Dataset entries section start

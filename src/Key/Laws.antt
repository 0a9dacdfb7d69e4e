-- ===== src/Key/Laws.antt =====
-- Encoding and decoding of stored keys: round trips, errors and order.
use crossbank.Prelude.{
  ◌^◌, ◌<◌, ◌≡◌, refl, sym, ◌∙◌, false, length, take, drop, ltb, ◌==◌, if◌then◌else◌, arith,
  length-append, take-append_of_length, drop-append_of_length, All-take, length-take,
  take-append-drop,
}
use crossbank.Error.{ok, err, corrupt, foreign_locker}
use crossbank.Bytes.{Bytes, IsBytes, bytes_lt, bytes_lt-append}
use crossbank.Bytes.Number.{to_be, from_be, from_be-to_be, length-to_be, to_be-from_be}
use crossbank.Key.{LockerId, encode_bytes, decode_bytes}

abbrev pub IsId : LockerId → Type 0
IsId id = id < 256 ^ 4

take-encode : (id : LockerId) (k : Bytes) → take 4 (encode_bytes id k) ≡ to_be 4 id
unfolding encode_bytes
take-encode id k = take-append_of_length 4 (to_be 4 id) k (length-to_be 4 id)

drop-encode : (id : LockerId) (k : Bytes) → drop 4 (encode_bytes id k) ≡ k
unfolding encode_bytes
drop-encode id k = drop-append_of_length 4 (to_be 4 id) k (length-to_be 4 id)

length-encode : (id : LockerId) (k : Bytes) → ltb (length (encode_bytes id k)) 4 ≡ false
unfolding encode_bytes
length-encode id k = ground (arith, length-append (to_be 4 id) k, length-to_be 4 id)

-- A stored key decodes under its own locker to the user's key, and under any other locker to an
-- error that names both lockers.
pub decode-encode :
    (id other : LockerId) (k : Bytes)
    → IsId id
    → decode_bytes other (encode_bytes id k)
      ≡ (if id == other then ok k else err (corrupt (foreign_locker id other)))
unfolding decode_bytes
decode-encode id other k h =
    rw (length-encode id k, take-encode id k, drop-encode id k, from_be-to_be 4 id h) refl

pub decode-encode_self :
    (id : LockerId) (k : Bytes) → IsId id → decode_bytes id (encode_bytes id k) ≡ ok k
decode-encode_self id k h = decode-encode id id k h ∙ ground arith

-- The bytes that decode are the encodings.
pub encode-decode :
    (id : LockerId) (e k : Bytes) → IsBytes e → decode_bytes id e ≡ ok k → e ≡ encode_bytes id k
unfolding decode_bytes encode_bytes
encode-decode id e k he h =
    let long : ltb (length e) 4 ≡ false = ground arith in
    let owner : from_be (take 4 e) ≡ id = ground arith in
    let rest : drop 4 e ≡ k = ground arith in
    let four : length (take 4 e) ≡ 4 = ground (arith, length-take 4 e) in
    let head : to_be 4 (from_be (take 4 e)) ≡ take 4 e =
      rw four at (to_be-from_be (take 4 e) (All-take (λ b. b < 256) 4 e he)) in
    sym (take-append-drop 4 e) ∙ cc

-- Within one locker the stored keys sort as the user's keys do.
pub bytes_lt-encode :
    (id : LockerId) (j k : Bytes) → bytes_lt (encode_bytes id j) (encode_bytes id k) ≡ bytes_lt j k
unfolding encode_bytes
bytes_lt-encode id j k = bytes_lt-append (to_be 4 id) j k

Dataset entries section end
Dataset entries section start

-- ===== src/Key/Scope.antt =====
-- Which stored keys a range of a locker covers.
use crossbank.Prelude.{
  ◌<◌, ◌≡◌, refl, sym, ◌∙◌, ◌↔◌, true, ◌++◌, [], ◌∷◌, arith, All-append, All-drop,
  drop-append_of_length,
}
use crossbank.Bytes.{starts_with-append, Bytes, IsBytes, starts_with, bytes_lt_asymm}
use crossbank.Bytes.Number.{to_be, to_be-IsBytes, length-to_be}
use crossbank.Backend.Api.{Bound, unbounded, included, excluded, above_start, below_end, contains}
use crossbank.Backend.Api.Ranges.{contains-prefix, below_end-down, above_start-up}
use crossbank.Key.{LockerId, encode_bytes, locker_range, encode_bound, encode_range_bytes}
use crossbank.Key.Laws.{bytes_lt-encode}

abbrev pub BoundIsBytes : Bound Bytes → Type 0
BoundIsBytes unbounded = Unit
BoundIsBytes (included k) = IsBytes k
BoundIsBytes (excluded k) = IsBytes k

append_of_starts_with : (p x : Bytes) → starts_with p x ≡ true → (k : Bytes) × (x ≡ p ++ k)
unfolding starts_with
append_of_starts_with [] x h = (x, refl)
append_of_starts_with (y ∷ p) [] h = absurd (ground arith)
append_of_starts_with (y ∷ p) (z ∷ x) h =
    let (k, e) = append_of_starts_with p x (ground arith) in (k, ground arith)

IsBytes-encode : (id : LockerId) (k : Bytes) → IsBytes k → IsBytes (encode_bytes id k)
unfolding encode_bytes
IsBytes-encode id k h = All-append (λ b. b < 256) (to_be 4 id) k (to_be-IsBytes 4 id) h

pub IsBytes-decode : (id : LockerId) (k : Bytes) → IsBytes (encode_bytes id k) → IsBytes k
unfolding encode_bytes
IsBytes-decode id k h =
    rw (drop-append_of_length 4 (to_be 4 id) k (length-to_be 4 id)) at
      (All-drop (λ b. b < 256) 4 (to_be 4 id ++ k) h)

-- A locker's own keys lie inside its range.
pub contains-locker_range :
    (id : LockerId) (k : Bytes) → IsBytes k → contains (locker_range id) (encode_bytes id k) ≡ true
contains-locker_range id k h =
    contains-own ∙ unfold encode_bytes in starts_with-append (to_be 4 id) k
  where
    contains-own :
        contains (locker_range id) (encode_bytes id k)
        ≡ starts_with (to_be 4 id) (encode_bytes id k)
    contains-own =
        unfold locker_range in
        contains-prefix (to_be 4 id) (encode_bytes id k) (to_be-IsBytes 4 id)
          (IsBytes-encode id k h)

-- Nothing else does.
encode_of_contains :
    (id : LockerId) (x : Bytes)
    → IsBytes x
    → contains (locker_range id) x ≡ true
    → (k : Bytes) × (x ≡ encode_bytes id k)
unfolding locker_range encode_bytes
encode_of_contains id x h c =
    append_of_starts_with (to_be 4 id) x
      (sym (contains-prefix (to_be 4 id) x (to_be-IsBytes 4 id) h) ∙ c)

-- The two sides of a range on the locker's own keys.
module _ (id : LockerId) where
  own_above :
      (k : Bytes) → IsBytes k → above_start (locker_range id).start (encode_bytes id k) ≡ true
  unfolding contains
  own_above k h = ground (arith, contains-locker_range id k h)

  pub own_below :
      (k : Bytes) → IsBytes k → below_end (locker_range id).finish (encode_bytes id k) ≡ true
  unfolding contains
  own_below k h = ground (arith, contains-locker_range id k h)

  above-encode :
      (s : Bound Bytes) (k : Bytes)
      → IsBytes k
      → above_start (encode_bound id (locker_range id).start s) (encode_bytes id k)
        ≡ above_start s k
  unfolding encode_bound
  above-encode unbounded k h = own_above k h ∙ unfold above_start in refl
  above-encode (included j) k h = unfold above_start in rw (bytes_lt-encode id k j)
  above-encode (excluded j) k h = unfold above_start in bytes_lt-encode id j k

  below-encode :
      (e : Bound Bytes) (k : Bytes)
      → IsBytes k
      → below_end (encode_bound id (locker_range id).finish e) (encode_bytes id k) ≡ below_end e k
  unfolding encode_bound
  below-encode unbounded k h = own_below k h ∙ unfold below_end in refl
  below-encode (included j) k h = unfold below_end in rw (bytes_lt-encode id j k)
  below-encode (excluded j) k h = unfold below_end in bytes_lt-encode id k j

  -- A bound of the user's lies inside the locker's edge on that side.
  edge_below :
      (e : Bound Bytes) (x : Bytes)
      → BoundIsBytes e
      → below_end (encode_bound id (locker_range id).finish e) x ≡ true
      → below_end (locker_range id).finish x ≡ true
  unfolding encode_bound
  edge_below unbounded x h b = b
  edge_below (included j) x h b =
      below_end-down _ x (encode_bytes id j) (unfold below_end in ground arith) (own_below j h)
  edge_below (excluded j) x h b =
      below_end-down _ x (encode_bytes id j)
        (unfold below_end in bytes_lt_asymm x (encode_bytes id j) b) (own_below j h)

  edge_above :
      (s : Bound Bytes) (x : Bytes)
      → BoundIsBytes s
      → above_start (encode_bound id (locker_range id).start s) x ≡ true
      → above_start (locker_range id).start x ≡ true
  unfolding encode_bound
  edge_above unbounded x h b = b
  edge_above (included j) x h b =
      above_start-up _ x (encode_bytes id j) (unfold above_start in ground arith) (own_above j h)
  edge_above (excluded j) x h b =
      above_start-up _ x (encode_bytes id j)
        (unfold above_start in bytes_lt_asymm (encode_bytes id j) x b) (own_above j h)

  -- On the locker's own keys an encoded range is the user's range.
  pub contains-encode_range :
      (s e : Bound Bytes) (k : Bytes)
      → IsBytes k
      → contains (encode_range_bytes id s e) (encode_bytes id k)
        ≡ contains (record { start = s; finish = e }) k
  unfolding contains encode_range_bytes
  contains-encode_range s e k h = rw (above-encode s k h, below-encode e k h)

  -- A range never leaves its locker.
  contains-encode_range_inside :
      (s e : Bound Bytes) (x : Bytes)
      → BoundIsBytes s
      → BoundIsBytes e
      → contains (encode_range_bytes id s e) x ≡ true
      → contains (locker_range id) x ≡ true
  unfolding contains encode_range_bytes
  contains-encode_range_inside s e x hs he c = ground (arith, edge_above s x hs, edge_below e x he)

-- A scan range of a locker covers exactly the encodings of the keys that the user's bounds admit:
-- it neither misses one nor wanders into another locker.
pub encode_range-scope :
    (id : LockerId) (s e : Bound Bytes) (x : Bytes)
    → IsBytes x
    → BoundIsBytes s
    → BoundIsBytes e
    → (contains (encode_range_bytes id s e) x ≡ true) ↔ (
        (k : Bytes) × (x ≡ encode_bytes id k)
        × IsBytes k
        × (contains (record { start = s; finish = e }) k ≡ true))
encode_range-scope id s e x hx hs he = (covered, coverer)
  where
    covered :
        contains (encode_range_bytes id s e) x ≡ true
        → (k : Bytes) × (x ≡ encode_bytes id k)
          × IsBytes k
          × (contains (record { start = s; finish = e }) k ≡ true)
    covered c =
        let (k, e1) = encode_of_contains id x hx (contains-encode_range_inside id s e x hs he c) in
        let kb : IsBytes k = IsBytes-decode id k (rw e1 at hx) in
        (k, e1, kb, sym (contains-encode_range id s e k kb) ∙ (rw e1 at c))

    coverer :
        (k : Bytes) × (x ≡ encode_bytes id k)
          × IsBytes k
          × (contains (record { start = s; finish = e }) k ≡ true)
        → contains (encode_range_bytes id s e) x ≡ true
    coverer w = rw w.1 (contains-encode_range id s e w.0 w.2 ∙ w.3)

Dataset entries section end

• What to produce: The entries above hold a line with "(foreign_locker id other)))" and a later line with "(id : LockerId) (k : Bytes) → IsId". Write out exactly those lines and all lines between, nothing more.

• Solution for this exercise:
      ≡ (if id == other then ok k else err (corrupt (foreign_locker id other)))
unfolding decode_bytes
decode-encode id other k h =
    rw (length-encode id k, take-encode id k, drop-encode id k, from_be-to_be 4 id h) refl

pub decode-encode_self :
    (id : LockerId) (k : Bytes) → IsId id → decode_bytes id (encode_bytes id k) ≡ ok k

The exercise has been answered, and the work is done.